- San Juan Nepomuceno
- Coordinates: 26°07′00″S 55°55′48″W﻿ / ﻿26.11667°S 55.93000°W
- Country: Paraguay
- Department: Caazapá
- Founded: November 20, 1797 for Lázaro de Rivera y Espinosa

Government
- • Intendente Municipal: Oscar Derlis Molinas Ruíz (ANR-HC)

Area
- • Total: 1,011 km^{2} (390 sq mi)

Population (2022)
- • Total: 28,233
- • Density: 27.93/km^{2} (72.33/sq mi)
- Time zone: UTC-04 (AST)
- • Summer (DST): UTC-03 (ADT)
- Postal code: 5880
- Area code: (595) (544)

= San Juan Nepomuceno, Paraguay =

San Juan Nepomuceno is a city and district in the Paraguayan department of Caazapá. It has the largest urban conglomeration of the department.

==Geography==
It lies 249 km southeast of the national capital city, Asunción, at the terminus of the Blas Garay highway.

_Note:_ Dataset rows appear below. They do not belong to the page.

-- ===== src/Tar/Octal.antt =====
-- The octal fields of a header: `oct` (src/tar_write.c) writes them, `octal` (src/tar.c) reads them.
use native.Mathlib.Decide.{dec_lt}
use guppy.Prelude.{
  ℕ, zero, suc, ◌+◌, ◌-◌, ◌/◌, ◌%◌, ◌^◌, ◌≤◌, ◌<◌, ◌≡◌, ◌⊎◌, inl, inr, refl, sym, ◌∙◌, true, false,
  Option, none, some, arith, ◌==◌, ◌&&◌, ◌||◌, if◌then◌else◌, Bool-cases, leb,
}
use guppy.Word.{add64, mul64}
use guppy.Buffer.{Buf, at, within}

-- `memset(p + k, c, n)`
abbrev pub fill : Buf → (k c n : ℕ) → Buf
fill p k c n i = if within k n i then c else p i

-- `p[k] = c`
abbrev pub store : Buf → (k c : ℕ) → Buf
store p k c i = if i == k then c else p i

-- `n` times `>>= 3`
unfoldable pub shift : ℕ → ℕ → ℕ
shift zero v = v
shift (suc n) v = shift n (v / 8)

-- `for (i = width - 1; i > 0 && value != 0; i--)`, on the field at `k`.
unfoldable pub oct_loop : (i : ℕ) → (k : ℕ) → Buf → (value : ℕ) → Buf
oct_loop zero k dst v = dst
oct_loop (suc i) k dst v =
    let rest = oct_loop i k (store dst (k + i) (b'0' + v % 8)) (v / 8) in
    if v == 0 then dst else rest

-- `oct(block + k, width, value)`, which is never called with width 0.
unfoldable pub oct : Buf → (k width value : ℕ) → Option Buf
oct block k width value =
    if shift (width - 1) value == 0
    then some (oct_loop (width - 1) k (store (fill block k b'0' width) (k + (width - 1)) 0) value)
    else none

-- `while (i < n && (p[i] == ' ' || p[i] == 0)) i++`; `left` is `n - i`.
unfoldable pub skip_blanks : (left : ℕ) → Buf → (i : ℕ) → ℕ
skip_blanks zero p i = i
skip_blanks (suc left) p i =
    let rest = skip_blanks left p (i + 1) in if p i == b' ' || p i == 0 then rest else i

-- `for (; i < n && p[i] >= '0' && p[i] <= '7'; i++)`
unfoldable pub octal_loop : (left : ℕ) → Buf → (i v : ℕ) → ℕ
octal_loop zero p i v = v
octal_loop (suc left) p i v =
    let rest = octal_loop left p (i + 1) (add64 (mul64 v 8) (p i - b'0')) in
    if leb b'0' (p i) && leb (p i) b'7' then rest else v

unfoldable pub octal : Buf → ℕ → ℕ
octal p n = let i = skip_blanks n p 0 in octal_loop (n - i) p i 0

-- The field `p` holds `value` in `n` digits and a NUL.
pub record Octal (p : Buf) (n value : ℕ) : Type 0 where
  pub digits : (j : ℕ) → j < n → p j ≡ b'0' + shift (n - 1 - j) value % 8
  pub ends : p n ≡ 0
  pub fits : shift n value ≡ 0

shift_zero : (n : ℕ) → shift n 0 ≡ 0
unfolding shift
shift_zero zero = refl
shift_zero (suc n) = shift_zero n

shift-suc : (n v : ℕ) → shift (suc n) v ≡ shift n v / 8
unfolding shift
shift-suc zero v = refl
shift-suc (suc n) v = shift-suc n (v / 8)

oct_loop-outside :
    (i k : ℕ) (dst : Buf) (v j : ℕ) → (j < k) ⊎ (k + i ≤ j) → oct_loop i k dst v j ≡ dst j
unfolding oct_loop
oct_loop-outside zero k dst v j h = refl
oct_loop-outside (suc i) k dst v j h =
    let rest = oct_loop-outside i k (store dst (k + i) (b'0' + v % 8)) (v / 8) j (ground arith) in
    elim (Bool-cases (v == 0)) [ inl e ↦ rw e | inr e ↦ rw (e, rest) (ground arith) ]

oct_loop_zero : (i k : ℕ) (dst : Buf) → oct_loop i k dst 0 ≡ dst
unfolding oct_loop
oct_loop_zero zero k dst = refl
oct_loop_zero (suc i) k dst = refl

oct_loop_step :
    (i k : ℕ) (dst : Buf) (v : ℕ)
    → (v == 0) ≡ false
    → oct_loop (suc i) k dst v ≡ oct_loop i k (store dst (k + i) (b'0' + v % 8)) (v / 8)
unfolding oct_loop
oct_loop_step i k dst v h = rw h

-- The loop of `oct` over a field of zeros.
oct_loop-digits :
    (i k : ℕ) (dst : Buf) (v : ℕ)
    → ((j : ℕ) → j < i → dst (k + j) ≡ b'0')
    → (j : ℕ) → j < i
    → oct_loop i k dst v (k + j) ≡ b'0' + shift (i - 1 - j) v % 8
oct_loop-digits zero k dst v h j hj = absurd (omega arith)
oct_loop-digits (suc i) k dst v h j hj = elim (Bool-cases (v == 0)) [
  | inl e ↦ let z : v ≡ 0 = ground arith in rw (z, oct_loop_zero, shift_zero) (h j hj)
  | inr e ↦ rw (oct_loop_step i k dst v e) (elim (dec_lt j i) [
    | yes p ↦
        let rest =
          oct_loop-digits i k (store dst (k + i) (b'0' + v % 8)) (v / 8)
            (λ j' hj'. ground (arith, h j')) j p in
        let n : suc i - 1 - j ≡ suc (i - 1 - j) = omega arith in rest ∙ rw n (unfold shift in refl)
    | no q ↦
        let n : suc i - 1 - j ≡ 0 = omega arith in
        let m : j ≡ i = omega arith in
        oct_loop-outside i k (store dst (k + i) (b'0' + v % 8)) (v / 8) (k + j) (inr (omega arith))
        ∙ rw (n, m) (unfold shift in ground arith)
  ])
]

-- What `oct` writes, and that it writes nothing else.
pub record Field (block block' : Buf) (k n value : ℕ) : Type 0 where
  pub field : Octal (at block' k) n value
  pub outside : (j : ℕ) → (j < k) ⊎ (k + suc n ≤ j) → block' j ≡ block j

pub oct-Field :
    (block : Buf) (k n value : ℕ)
    → shift n value ≡ 0
    → (block' : Buf) × (oct block k (suc n) value ≡ some block') × Field block block' k n value
oct-Field block k n value h =
    let e : suc n - 1 ≡ n = omega arith in
    let start = store (fill block k b'0' (suc n)) (k + n) 0 in
    let z : (k + n == k + n) ≡ true = ground arith in
    (
      oct_loop n k start value,
      unfold oct in rw (e, h),
      record {
        field = record {
          digits = oct_loop-digits n k start value (λ j hj. ground arith);
          ends = oct_loop-outside n k start value (k + n) (inr (omega arith)) ∙ ground (arith, z);
          fits = h;
        };
        outside = λ j o. oct_loop-outside n k start value j (ground arith) ∙ ground arith;
      },
    )

octal_loop_digit :
    (left : ℕ) (p : Buf) (i v d : ℕ)
    → p i ≡ b'0' + d
    → d < 8
    → octal_loop (suc left) p i v ≡ octal_loop left p (i + 1) (add64 (mul64 v 8) d)
unfolding octal_loop
octal_loop_digit left p i v d h hd =
    let e : b'0' + d - b'0' ≡ d = omega arith in
    let t : (leb b'0' (b'0' + d) && leb (b'0' + d) b'7') ≡ true = ground arith in rw (h, e, t)

octal_loop_end : (left : ℕ) (p : Buf) (i v : ℕ) → p i ≡ 0 → octal_loop (suc left) p i v ≡ v
unfolding octal_loop
octal_loop_end left p i v h = rw h

shift_le : (n v : ℕ) → shift n v ≤ v
shift_le zero v = unfold shift in omega arith
shift_le (suc n) v = rw shift-suc (omega (arith, shift_le n v))

-- A field in octal reads back.
octal_loop-Octal :
    (left n : ℕ) (p : Buf) (v : ℕ)
    → Octal p n v
    → v < 2 ^ 64
    → left ≤ n
    → octal_loop (suc left) p (n - left) (shift left v) ≡ v
octal_loop-Octal zero n p v h hv hl =
    let e : n - 0 ≡ n = omega arith in
    octal_loop_end 0 p (n - 0) (shift 0 v) (rw e h.ends) ∙ (unfold shift in refl)
octal_loop-Octal (suc left) n p v h hv hl =
    let e : n - 1 - (n - suc left) ≡ left = omega arith in
    let next : n - suc left + 1 ≡ n - left = omega arith in
    let value : add64 (mul64 (shift (suc left) v) 8) (shift left v % 8) ≡ shift left v =
      rw shift-suc (omega (arith, shift_le left v)) in
    octal_loop_digit (suc left) p (n - suc left) (shift (suc left) v) (shift left v % 8)
      (h.digits (n - suc left) (omega arith) ∙ rw e) (omega arith)
    ∙ rw (next, value) (octal_loop-Octal left n p v h hv (omega arith))

skip_none : (left : ℕ) (p : Buf) (i : ℕ) → b'0' ≤ p i → skip_blanks (suc left) p i ≡ i
unfolding skip_blanks
skip_none left p i h = let e : (p i == b' ' || p i == 0) ≡ false = ground arith in rw e

pub octal-Octal : (n : ℕ) (p : Buf) (v : ℕ) → 0 < n → Octal p n v → v < 2 ^ 64 → octal p (suc n) ≡ v
octal-Octal n p v hn h hv =
    let e : skip_blanks (suc n) p 0 ≡ 0 = skip_none n p 0 (rw (h.digits 0 hn) (omega arith)) in
    let m : n - n ≡ 0 = omega arith in
    let m' : suc n - 0 ≡ suc n = omega arith in
    let run : octal_loop (suc n) p 0 0 ≡ v =
      sym (rw (m, h.fits)) ∙ octal_loop-Octal n n p v h hv (omega arith) in
    unfold octal in rw (e, m') run

-- A field depends on its bytes only.
pub Octal-agree : (n v : ℕ) (p q : Buf) → ((j : ℕ) → j ≤ n → q j ≡ p j) → Octal p n v → Octal q n v
Octal-agree n v p q e h = record {
  digits = λ j hj. e j (omega arith) ∙ h.digits j hj;
  ends = e n (omega arith) ∙ h.ends;
  fits = h.fits;
}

Blas Garay is a spur of the national highway Number 8 and forks at a crossroads near the town of Ñumí. This district is located in the east of the department and shares borders with six districts of Caazapá (clockwise: N: General Higinio Morínigo, Abaí; E: Tavaí; S: Yuty; W: Buena Vista, Caazapá) and one of the Itapúa (Alto Verá).